Когда-то в этой западне работали экскаваторы, но вдруг углубленная поверхность не захотела человека, ответила подземной водой — и техника осталась на дне. Люди при этом ушли ускоренно. А я вот плыву над оккупированной техникой. В моем воображении — большие сонные сомы, которые здесь есть. Летними рассветами они весьма веско показывали себя над зеркалом, удивляя, что можно удивить эту гладь. Во время плаванья представляю, что я вот двигаюсь себе между скал — спокойный, абстрагированный к холоду, а в черной глубине похаживают между замерзшими экскаваторами, как народные депутаты, отяжелевшие сомы и размеренно размышляют о перспективах движения заржавевшей на дне техники.
Я верю в экскаваторы, как и депутаты, но в озеро я верю еще больше. Мне приятнее ловить сомов, чем, опустившись на дно, загребать ил экскаваторными ковшами.
Когда я на скале разминаюсь под месяцем, иногда пролетают совы, чуть не касаясь лица. Я им ничего не говорю. И они мне. Вот это демократия!..
Какой государственный естественный прогресс расцвел бы у нас, если бы Бог наложил на парламент на один год мораторий на всякие разговоры?!
Природа всего лишь — волновая.
Время не властно над тобой, пока ты внутренне в стихии волны. И сливаешься постоянно с той естественной средой, что рождает для наглядности волны очевидные, — водой.
Отход от исконной среды, ее предательство рождает ответную месть. Всемирный потоп тому свидетельство. Потопы поменьше тоже. Тем более в стране, где бывшему руководителю ракетной промышленности стоило бы улететь навсегда в космос от позора.
Надо сохранять чистым наглядное свидетельство вневременной сути человека. Иначе — без внутренней волны — износ тканей, быстрая смерть.
Чем чаще вы будете идти к воде — тем чаще жизнь будет улыбаться вам.
Боже!
Так начинаются молитвы.
Но они бесконечны. Это тоже волны, это — вода, а не странная звуковая субстанция перед идолическим лицом в рамке.
Птица! Но если она сидит, то лишь затем, чтобы пробудить в созерцающем человеке тоску о постоянном волнообразном птичьем движении. Тогда она снова заволнуется, движимая ветром. А мы можем долго сидеть, превращаясь в камень. Лишь непонятно, почему в таком случае близкие плачут, что мы проваливаемся в землю, почти не оставляя о себе визуального следа? Камень, впрочем, нашел свое правильное место. А зачем человеку становиться им?.. Есть же вода — среда, в которой люди могут стать птицами, постепенно рождая в себе ее внутреннее пробуждение.
Кто бы думал, что и так очень холодная вода с первыми шагами декабря и дальше неуклонно холодеет, пытается стать не водой, а криком. Взламывая своим голым телом, вооруженным немеющими кулаками, прибрежный лед — все более невзламываемый — я снова плыву на дальние скалы. Я верю, что в гармонии с природой, абстрагированной от странных лиц правителей, можно выжить в Украине.

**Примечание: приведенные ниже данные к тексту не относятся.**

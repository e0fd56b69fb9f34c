-- ===== src/Trap/Stranded.antt =====
-- The stores of a VM that end it: a mailbox buffer that is not mapped.
use avisor.Prelude.{
  ℕ, ◌≡◌, ◌≢◌, ◌↔◌, ◌⊎◌, inl, inr, refl, ◌∙◌, Bool, true, false, not, ◌&&◌, ◌==◌, if◌then◌else◌,
  arith, ==_iff, ==_of_ne, Bool-cases,
}
use avisor.Stage2.{check_task_page_mapped}
use avisor.Regs.{reg}
use avisor.Vmbox.{mbox_write, is_mbox_addr}
use avisor.Vmbox.Laws.{buffer_of, handle_mbox_write-alive}
use avisor.Bcm2837.IntCtrl.{addr_in_intctrl}
use avisor.Bcm2837.Aux.{addr_in_aux}
use avisor.Bcm2837.SysTimer.{addr_in_systimer}
use avisor.Bcm2837.Mmio.{World, Env, bcm2837_mmio_write}
use avisor.Trap.{field, permission_fault, mmio_access, get_ipa}

-- A store to the mailbox that hands over a buffer which is not mapped.
abbrev pub IsStranded : Env → World → (esr far : ℕ) → Type 0
IsStranded env w esr far =
    (w.tsk.has_board ≡ true)
    × (field esr 6 0x1 ≢ 0)
    × (get_ipa env far ≡ mbox_write)
    × ((check_task_page_mapped w.machine w.tsk.mm
          (buffer_of (reg w.tsk.pt_regs (field esr 16 0x1f)))).0
        ≡ false)

pub ne_of_== : (a b : ℕ) → (a == b) ≡ false → a ≢ b
ne_of_== a b e = ground arith

pub clash : (b : Bool) → b ≡ true → ¬ (b ≡ false)
clash b e h = grind arith

-- The dispatch of a write: only the mailbox can end the task.
only_mbox :
    (intctrl aux systimer mbox : Bool) (a b c d last : Bool × World)
    → a.0 ≡ true
    → b.0 ≡ true
    → c.0 ≡ true
    → d.0 ≡ true
    → last.0 ≡ true
    → (if intctrl then a else if aux then b else if systimer then c else if mbox then d else last).0
      ≡ true
only_mbox true aux systimer mbox a b c d last p q r s t = p
only_mbox false true systimer mbox a b c d last p q r s t = q
only_mbox false false true mbox a b c d last p q r s t = r
only_mbox false false false true a b c d last p q r s t = s
only_mbox false false false false a b c d last p q r s t = t

write-alive :
    (env : Env) (w : World) (addr val : ℕ)
    → addr ≢ mbox_write
    → (bcm2837_mmio_write env w addr val).0 ≡ true
unfolding bcm2837_mmio_write
write-alive env w addr val h =
    only_mbox (addr_in_intctrl addr) (addr_in_aux addr) (addr_in_systimer addr) (is_mbox_addr addr)
      _ _ _ _ _ refl refl refl
      (handle_mbox_write-alive env.gv2m w.machine w.tsk.mm w.mbox addr val
        ∙ rw (==_of_ne addr mbox_write h) refl)
      refl

write-mbox :
    (env : Env) (w : World) (addr val : ℕ)
    → addr ≡ mbox_write
    → (bcm2837_mmio_write env w addr val).0
      ≡ (check_task_page_mapped w.machine w.tsk.mm (buffer_of val)).0
unfolding bcm2837_mmio_write
write-mbox env w addr val h =
    rw h (handle_mbox_write-alive env.gv2m w.machine w.tsk.mm w.mbox mbox_write val)

pub pf :
    (env : Env) (w : World) (esr far : ℕ)
    → (permission_fault env w far esr).0 ≡ (mmio_access env w far esr).0
unfolding permission_fault
pf env w esr far = elim (Bool-cases (mmio_access env w far esr).0) [
  | inl e ↦ rw e refl
  | inr e ↦ rw e refl
]

-- Whether an access survives.
survives :
    (b c : Bool) (x y : World) (z : Bool × World)
    → (if not b then (true, x) else if c then (true, y) else z).0
      ≡ (if b && not c then z.0 else true)
survives true true x y z = refl
survives true false x y z = refl
survives false c x y z = refl

-- A store to the mailbox.
stores : Env → World → (esr far : ℕ) → Bool
stores env w esr far = w.tsk.has_board && not (field esr 6 0x1 == 0)

mmio_access-alive :
    (env : Env) (w : World) (esr far : ℕ)
    → (mmio_access env w far esr).0 ≡ (
        if stores env w esr far
        then (bcm2837_mmio_write env w (get_ipa env far) (reg w.tsk.pt_regs (field esr 16 0x1f))).0
        else true)
unfolding mmio_access stores
mmio_access-alive env w esr far = survives w.tsk.has_board (field esr 6 0x1 == 0) _ _ _

stores_iff :
    (env : Env) (w : World) (esr far : ℕ)
    → (stores env w esr far ≡ true) ↔ ((w.tsk.has_board ≡ true) × (field esr 6 0x1 ≢ 0))
unfolding stores
stores_iff env w esr far = ground arith

-- A permission fault ends the task or is handled.
pub access_cases :
    (env : Env) (w : World) (esr far : ℕ)
    → (IsStranded env w esr far × ((mmio_access env w far esr).0 ≡ false))
      ⊎ ((¬ IsStranded env w esr far) × ((mmio_access env w far esr).0 ≡ true))
access_cases env w esr far =
    let val = reg w.tsk.pt_regs (field esr 16 0x1f) in
    let alive = mmio_access-alive env w esr far in
    elim (Bool-cases (stores env w esr far)) [
      | inr e ↦ inr (λ s. clash _ ((stores_iff env w esr far).1 (s.0, s.1)) e, alive ∙ rw e refl)
      | inl store ↦ elim (Bool-cases (get_ipa env far == mbox_write)) [
        | inr e ↦ inr (
          λ s. ne_of_== _ _ e s.2,
          alive ∙ rw store (write-alive env w (get_ipa env far) val (ne_of_== _ _ e)),
        )
        | inl e ↦
            let at = write-mbox env w (get_ipa env far) val ((==_iff _ _).0 e) in
            let (board, dir) = (stores_iff env w esr far).0 store in
            elim (Bool-cases (check_task_page_mapped w.machine w.tsk.mm (buffer_of val)).0) [
              | inl m ↦ inr (λ s. clash _ m s.3, alive ∙ rw store (at ∙ m))
              | inr m ↦ inl ((board, dir, (==_iff _ _).0 e, m), alive ∙ rw store (at ∙ m))
            ]
      ]
    ]
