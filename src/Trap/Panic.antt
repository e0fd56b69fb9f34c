-- ===== src/Trap/Panic.antt =====
-- Which exceptions of a VM end in a PANIC.
use Prim.Native.Nat.{bit_and}
use mathlib.Core.Path.{subst}
use avisor.Prelude.{
  ℕ, ◌/◌, ◌<◌, ◌^◌, ◌≡◌, ◌≢◌, ◌⊎◌, inl, inr, refl, sym, ap, ◌∙◌, Bool, true, false, not, ◌==◌,
  if◌then◌else◌, arith, ==_iff, ==_of_ne, Bool-cases,
}
use avisor.Pages.{Machine, panic, get_free_page}
use avisor.Pages.Alloc.{IsPool, IsFree, page_addr, taken, get_free_page-cases}
use avisor.Bcm2837.Mmio.{World, Env}
use avisor.Trap.{
  field, translation_fault, handle_mem_abort, Outcome, goes_on, waits, panics,
  handle_sync_exception,
}
use avisor.Trap.Stranded.{IsStranded, ne_of_==, access_cases, pf}
use avisor.Trap.Abort.{IsDataAbort, data_abort, fault_of, access_of}

abbrev pub is_panic : Outcome → Bool
is_panic (goes_on w) = false
is_panic (waits w) = false
is_panic (panics w) = true

abbrev pub IsFull : Machine → Type 0
IsFull m = (k : ℕ) → k < m.pool.page_nr → ¬ IsFree m.pool k

-- The classes of `sync_error_reasons` that have a case of their own: WFI and WFE, floating point,
-- HVC, system registers, SVE and data aborts.
abbrev pub IsKnown : ℕ → Type 0
IsKnown class =
    (class ≡ 1) ⊎ (class ≡ 7) ⊎ (class ≡ 22) ⊎ (class ≡ 24) ⊎ (class ≡ 25) ⊎ (class ≡ 36)

-- What the hypervisor has no answer to: a class it does not know, and a data abort that is neither a
-- translation nor a permission fault.
abbrev pub IsUnhandled : ℕ → Type 0
IsUnhandled esr =
    let class = field esr 26 0x3f in
    let kind = bit_and esr 0x3f / 2 ^ 2 in
    (¬ IsKnown class) ⊎ ((class ≡ 36) × (kind ≢ 1) × (kind ≢ 3))

abbrev pub left_by : Outcome → World
left_by (goes_on w) = w
left_by (waits w) = w
left_by (panics w) = w

-- How a translation fault ends: in a PANIC if get_free_page has called it, for the page or for a
-- table, and with all else as it was where no page was free.
abbrev pub PageFault : World → Outcome → Type 0
PageFault w o =
    (is_panic o ≡ (left_by o).machine.pool.panicked)
    × (IsFull w.machine → o ≡ panics (record w { machine = panic w.machine }))

-- The dispatch on a class that is not that of a data abort.
dispatch :
    (class : ℕ) (fp hvc sys sve wfx last : World) (abort : Outcome)
    → class ≢ 36
    → let o =
        (if class == 1
          then waits wfx
          else if class == 7
          then goes_on fp
          else if class == 22
          then goes_on hvc
          else if class == 24
          then goes_on sys
          else if class == 25
          then goes_on sve
          else if class == 36
          then abort
          else panics last) in
      (IsKnown class × (is_panic o ≡ false)) ⊎ ((¬ IsKnown class) × (o ≡ panics last))
dispatch class fp hvc sys sve wfx last abort h = ground arith

-- An exception that is not a data abort.
other_class :
    (env : Env) (w : World) (esr far : ℕ)
    → field esr 26 0x3f ≢ 36
    → (IsKnown (field esr 26 0x3f) × (is_panic (handle_sync_exception env w esr far) ≡ false))
      ⊎ ((¬ IsKnown (field esr 26 0x3f)) × (handle_sync_exception env w esr far ≡ panics w))
unfolding handle_sync_exception
other_class env w esr far h = dispatch (field esr 26 0x3f) _ _ _ _ _ _ _ h

no_page :
    (env : Env) (w : World) (far : ℕ)
    → get_free_page w.machine ≡ (0, panic w.machine)
    → translation_fault env w far ≡ (false, record w { machine = panic w.machine })
unfolding translation_fault
no_page env w far e = rw e refl

-- The end of a data abort.
abbrev finish : Bool × World → Outcome
finish r = if r.0 then goes_on r.1 else panics r.1

some_page :
    (env : Env) (w : World) (far k : ℕ)
    → IsPool w.machine.pool
    → get_free_page w.machine ≡ (page_addr w.machine.pool k, taken w.machine k)
    → let o = finish (translation_fault env w far) in is_panic o ≡ (left_by o).machine.pool.panicked
unfolding translation_fault
some_page env w far k v e =
    rw (e, ==_of_ne (page_addr w.machine.pool k) 0 (λ z. omega (arith, z, v.above_null)))
      (either _ _ _ refl (λ alive. alive))
  where
    either :
        (b : Bool) (x y : World)
        → b ≡ x.machine.pool.panicked
        → (b ≡ false → y.machine.pool.panicked ≡ false)
        → let o = finish (if b then (false, x) else (true, y)) in
          is_panic o ≡ (left_by o).machine.pool.panicked
    either true x y p q = p
    either false x y p q = sym (q refl)

-- A status code that is neither a translation nor a permission fault.
other_status :
    (env : Env) (w : World) (esr far : ℕ)
    → bit_and esr 0x3f / 2 ^ 2 ≢ 1
    → bit_and esr 0x3f / 2 ^ 2 ≢ 3
    → handle_mem_abort env w far esr ≡ (false, w)
unfolding handle_mem_abort
other_status env w esr far h h' = rw (==_of_ne _ 1 h, ==_of_ne _ 3 h') refl

-- How a data abort of each status ends.
abbrev AbortEnd : Env → World → (esr far : ℕ) → Type 0
AbortEnd env w esr far =
    let kind = bit_and esr 0x3f / 2 ^ 2 in
    let r = handle_mem_abort env w far esr in
    ((kind ≢ 1) × (kind ≢ 3) × (r ≡ (false, w)))
    ⊎ (((kind ≡ 1) × PageFault w (finish r))
        ⊎ (((kind ≡ 3) × IsStranded env w esr far × (r.0 ≡ false))
            ⊎ ((kind ≡ 3) × (¬ IsStranded env w esr far) × (r.0 ≡ true))))

page_fault :
    (env : Env) (w : World) (far : ℕ)
    → IsPool w.machine.pool
    → PageFault w (finish (translation_fault env w far))
page_fault env w far v = elim (get_free_page-cases w.machine v) [
  | inl (full, got) ↦
      let e = ap finish (no_page env w far got) in
      (ap is_panic e ∙ sym (ap (λ o. (left_by o).machine.pool.panicked) e), λ _. e)
  | inr (k, lt, free, got) ↦ (some_page env w far k v got, λ full. absurd (full k lt free))
]

abort_cases : (env : Env) (w : World) (esr far : ℕ) → IsPool w.machine.pool → AbortEnd env w esr far
abort_cases env w esr far v =
    let kind = bit_and esr 0x3f / 2 ^ 2 in
    elim (Bool-cases (kind == 1)) [
      | inl e ↦
          let one : kind ≡ 1 = (==_iff kind 1).0 e in
          inr (
            inl (
              one,
              subst (λ r. PageFault w (finish r)) (sym (fault_of env w esr far one))
                  (page_fault env w far v),
            ))
      | inr e ↦ elim (Bool-cases (kind == 3)) [
        | inl e' ↦
            let three : kind ≡ 3 = (==_iff kind 3).0 e' in
            let end = ap (λ r. r.0) (access_of env w esr far three) ∙ pf env w esr far in
            elim (access_cases env w esr far) [
              | inl (stranded, dead) ↦ inr (inr (inl (three, stranded, end ∙ dead)))
              | inr (fine, alive) ↦ inr (inr (inr (three, fine, end ∙ alive)))
            ]
        | inr e' ↦ inl (
          ne_of_== kind 1 e,
          ne_of_== kind 3 e',
          other_status env w esr far (ne_of_== kind 1 e) (ne_of_== kind 3 e'),
        )
      ]
    ]

finish_lem : (r : Bool × World) → is_panic (finish r) ≡ not r.0
finish_lem (true, w) = refl
finish_lem (false, w) = refl

-- How an exception ends.
abbrev pub Ended : Env → World → (esr far : ℕ) → Type 0
Ended env w esr far =
    let stranded = IsDataAbort esr 3 × IsStranded env w esr far in
    let o = handle_sync_exception env w esr far in
    (IsUnhandled esr × (o ≡ panics w))
    ⊎ ((IsDataAbort esr 1 × PageFault w o)
        ⊎ ((stranded × (is_panic o ≡ true))
            ⊎ (((¬ IsUnhandled esr) × (¬ IsDataAbort esr 1) × (¬ stranded))
                × (is_panic o ≡ false))))

data_abort_cases :
    (env : Env) (w : World) (esr far : ℕ)
    → IsPool w.machine.pool
    → field esr 26 0x3f ≡ 36
    → Ended env w esr far
data_abort_cases env w esr far v class =
    let end = data_abort env w esr far _ (class, refl) in
    let end' = ap is_panic end ∙ finish_lem (handle_mem_abort env w far esr) in
    elim (abort_cases env w esr far v) [
      | inl (one, three, r) ↦ inl (inr (class, one, three), end ∙ ap finish r)
      | inr (inl (one, fault)) ↦ inr (inl ((class, one), subst (PageFault w) (sym end) fault))
      | inr (inr (inl (three, s, r))) ↦ inr (inr (inl (((class, three), s), end' ∙ ap not r)))
      | inr (inr (inr (three, fine, r))) ↦ inr (
          inr (
            inr (
              (handled class three, λ d. omega (arith, d.1, three), λ s. fine s.1),
              end' ∙ ap not r,
            )))
    ]
  where
    handled : field esr 26 0x3f ≡ 36 → bit_and esr 0x3f / 2 ^ 2 ≡ 3 → ¬ IsUnhandled esr
    handled c three (inl unknown) = unknown (inr (inr (inr (inr (inr c)))))
    handled c three (inr lost) = lost.2 three

-- Which exceptions end the VM in a PANIC. Those that the hypervisor has no answer to do, and leave
-- the VM, memory and the mailbox as they were. A translation fault does exactly if get_free_page
-- ran out of pages, for the page or for a table, and at once where no page was free. A VM that
-- hands over a mailbox buffer which is not mapped is ended. On any other exception the VM goes on
-- or waits.
pub handle_sync_exception-Ended :
    (env : Env) (w : World) (esr far : ℕ) → IsPool w.machine.pool → Ended env w esr far
handle_sync_exception-Ended env w esr far v = elim (Bool-cases (field esr 26 0x3f == 36)) [
  | inl e ↦ data_abort_cases env w esr far v ((==_iff _ 36).0 e)
  | inr e ↦
      let other = ne_of_== _ 36 e in
      elim (other_class env w esr far other) [
        | inl (known, fine) ↦
            inr (inr (inr ((answered known other, λ d. other d.0, λ s. other s.0.0), fine)))
        | inr (unknown, end) ↦ inl (inl unknown, end)
      ]
]
  where
    answered : IsKnown (field esr 26 0x3f) → field esr 26 0x3f ≢ 36 → ¬ IsUnhandled esr
    answered known other (inl unknown) = unknown known
    answered known other (inr lost) = other lost.0
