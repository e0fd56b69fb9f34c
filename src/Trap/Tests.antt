-- ===== src/Trap/Tests.antt =====
-- A VM whose board has the mini UART on, beside eight free pages, and the theorems on its
-- exceptions.
use avisor.Prelude.{ℕ, ◌+◌, ◌*◌, ◌^◌, ◌≡◌, inr, refl, arith, [], ◌∷◌}
use avisor.Fifo.Queue
use avisor.Samples.{vm, machine, vm-HasRings, machine-IsTree}
use avisor.Fifo.Refine.{contents}
use avisor.Stage2.Alloc.{Allocated}
use avisor.Task.{csselr_el1, midr_el1, revidr_el1}
use avisor.Board.{aux_mu_io_reg}
use avisor.Regs.{reg}
use avisor.Vmbox.{initial_mbox}
use avisor.Bcm2837.Mmio.{World, Env}
use avisor.Trap.{handle_trap_system, goes_on, handle_sync_exception}
use avisor.Trap.System.{syndrome, handle_trap_system_lem}
use avisor.Trap.Abort.{fault_page, first_touch}
use avisor.Trap.Device.{store_to_console, load_from_console}
use avisor.Trap.Panic.{Ended, handle_sync_exception-Ended}

abbrev world : World
world = record { tsk = vm; machine = machine; mbox = initial_mbox }

-- The VM's addresses are its own physical ones.
abbrev env : Env
env = record { count₁ = 1000; count₂ = 1000; garbage = 9; translate_el1 = λ a. a; gv2m = λ a. a }

-- ESR_EL2 of a data abort: a load of or store from register `srt`.
abbrev abort : (srt is_store status : ℕ) → ℕ
abort srt is_store status = 36 * 2 ^ 26 + srt * 2 ^ 16 + is_store * 2 ^ 6 + status

-- CSSELR_EL1, which a VM reads as (op1, op2) = (2, 0), is not written by these numbers, but by
-- those of CCSIDR_EL1.
csselr_lost :
    ((handle_trap_system vm (syndrome 3 2 0 0 0 1 0)).cpu_sysregs csselr_el1 ≡ 77)
    × ((handle_trap_system vm (syndrome 3 1 0 0 0 1 0)).cpu_sysregs csselr_el1 ≡ 0x242)
unfolding handle_trap_system
csselr_lost = (refl, refl)

-- A read into the zero register overwrites the saved stack pointer.
xzr_is_sp : ((handle_trap_system vm (syndrome 3 0 0 0 6 31 1)).pt_regs.sp ≡ 77)
unfolding handle_trap_system
xzr_is_sp = refl

-- REVIDR_EL1 is read into register 4, and an MSR that names it writes no register.
handle_trap_system_lem_example :
    let mrs = handle_trap_system vm (syndrome 3 0 0 0 6 4 1) in
    let msr = handle_trap_system vm (syndrome 3 0 0 0 6 4 0) in
    (reg mrs.pt_regs 4 ≡ 77)
    × (mrs.cpu_sysregs ≡ vm.cpu_sysregs)
    × (mrs.pt_regs.pc ≡ 0x80004)
    × (msr.cpu_sysregs midr_el1 ≡ 77)
    × (reg msr.pt_regs 4 ≡ 5)
    × (msr.pt_regs.pc ≡ 0x80004)
handle_trap_system_lem_example =
    handle_trap_system_lem vm revidr_el1 3 0 0 0 6 4 4 midr_el1 refl
      (record {
        op0_in = omega arith;
        op1_in = omega arith;
        crn_in = omega arith;
        crm_in = omega arith;
        op2_in = omega arith;
        rt_in = omega arith;
        dir_in = omega arith;
      })
      (inr refl) refl

first_touch_example :
    (w' : World) × (page : ℕ) × (handle_sync_exception env world (abort 1 1 5) 0x91238 ≡ goes_on w')
    × Allocated (λ t. 0) machine 1 (fault_page env 0x91238) (page, w'.tsk.mm, w'.machine)
    × (w'.tsk.pt_regs ≡ vm.pt_regs)
    × (w'.tsk.stat.pf_count ≡ 1)
first_touch_example =
    first_touch env world 1 (abort 1 1 5) 0x91238 machine-IsTree refl (omega arith) (refl, refl)

store_to_console_example :
    (w' : World) × (handle_sync_exception env world (abort 1 1 13) aux_mu_io_reg ≡ goes_on w')
    × (contents w'.tsk.console.out_fifo ≡ 0x42 ∷ [])
    × (contents w'.tsk.console.in_fifo ≡ 65 ∷ 66 ∷ [])
    × (w'.tsk.pt_regs.regs ≡ vm.pt_regs.regs)
    × (w'.tsk.pt_regs.pc ≡ 0x80004)
unfolding Queue.enqueue
store_to_console_example =
    store_to_console env world (abort 1 1 13) aux_mu_io_reg (refl, refl) refl refl refl (refl, refl)
      vm-HasRings

load_from_console_example :
    (w' : World) × (handle_sync_exception env world (abort 3 0 13) aux_mu_io_reg ≡ goes_on w')
    × (reg w'.tsk.pt_regs 3 ≡ 65)
    × (contents w'.tsk.console.in_fifo ≡ 66 ∷ [])
    × (contents w'.tsk.console.out_fifo ≡ [])
    × (w'.tsk.pt_regs.pc ≡ 0x80004)
unfolding Queue.dequeue
load_from_console_example =
    load_from_console env world (abort 3 0 13) aux_mu_io_reg 3 (refl, refl) refl refl refl
      (refl, refl) vm-HasRings refl

-- A translation fault.
handle_sync_exception-Ended_example : Ended env world (abort 0 0 5) 0
handle_sync_exception-Ended_example =
    handle_sync_exception-Ended env world (abort 0 0 5) 0 (machine-IsTree.pool)
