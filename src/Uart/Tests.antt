-- ===== src/Uart/Tests.antt =====
-- A host with two tasks, the keyboard at the second, and the theorems on keys.
use avisor.Prelude.{ℕ, zero, suc, ◌<◌, ◌≡◌, refl, arith, false, none, some, [], ◌∷◌, replicate}
use avisor.Samples.{vm, machine, vm-HasRings}
use avisor.Task.{Task}
use avisor.Sched.{task_at}
use avisor.Bcm2837.Aux.Laws.{HasRings}
use avisor.Uart.{Host, handle_char}
use avisor.Uart.Keys.{run_keys, IsDelivered, typed-IsDelivered}
use avisor.Uart.Consoles.{Answers, handle_char-Answers}

abbrev host : Host
host = record {
  sys = record { task = some vm ∷ some vm ∷ replicate 62 none; current = 0; nr_tasks = 2 };
  machine = machine;
  uart_forwarded_task = 1;
  is_escaped = false;
  bl_args = record { load_addr = 0; entry_point = 0; sp = 0; filename = replicate 36 0 };
}

host-tasks : (i : ℕ) → i < 2 → (tsk : Task) × (task_at host.sys.task i ≡ some tsk) × HasRings tsk
host-tasks zero h = (vm, refl, vm-HasRings)
host-tasks (suc zero) h = (vm, refl, vm-HasRings)
host-tasks (suc (suc i)) h = absurd (omega arith)

-- `a@b`
typed-IsDelivered_example :
    (h' : Host) × (run_keys host (97 ∷ 64 ∷ 64 ∷ 98 ∷ []) ≡ some (h', []))
    × IsDelivered host vm (97 ∷ 64 ∷ 98 ∷ []) h'
typed-IsDelivered_example =
    typed-IsDelivered host vm (97 ∷ 64 ∷ 98 ∷ []) refl
      (record { place = omega arith; at = refl; running = refl; rings = vm-HasRings })

handle_char-Answers_example : Answers (handle_char host 64)
handle_char-Answers_example =
    handle_char-Answers host 64
      (record { console_in = omega arith; places = omega arith; tasks = host-tasks })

Но с холодами становилось все труднее моделировать в человеческом воздухе — вода — из себя птицу, быть таким же свободным и расслабленным...
А вода все сужалась до размеров проруби. Как родная Украина, стягивающаяся в прорубь. Как бы петля на теле одной из склочных человеческих формаций Вселенной, в которой — высоко! — можно только представить: какие там воды, какие птицы, какие люди, и готовят ли они в воде из себя птиц?
После воды легко, вприпрыжку несешься через цыганский табор к Пьяному базару. Звезды, когда я подпрыгивал особенно высоко, как майские жуки, трескали меня по лбу.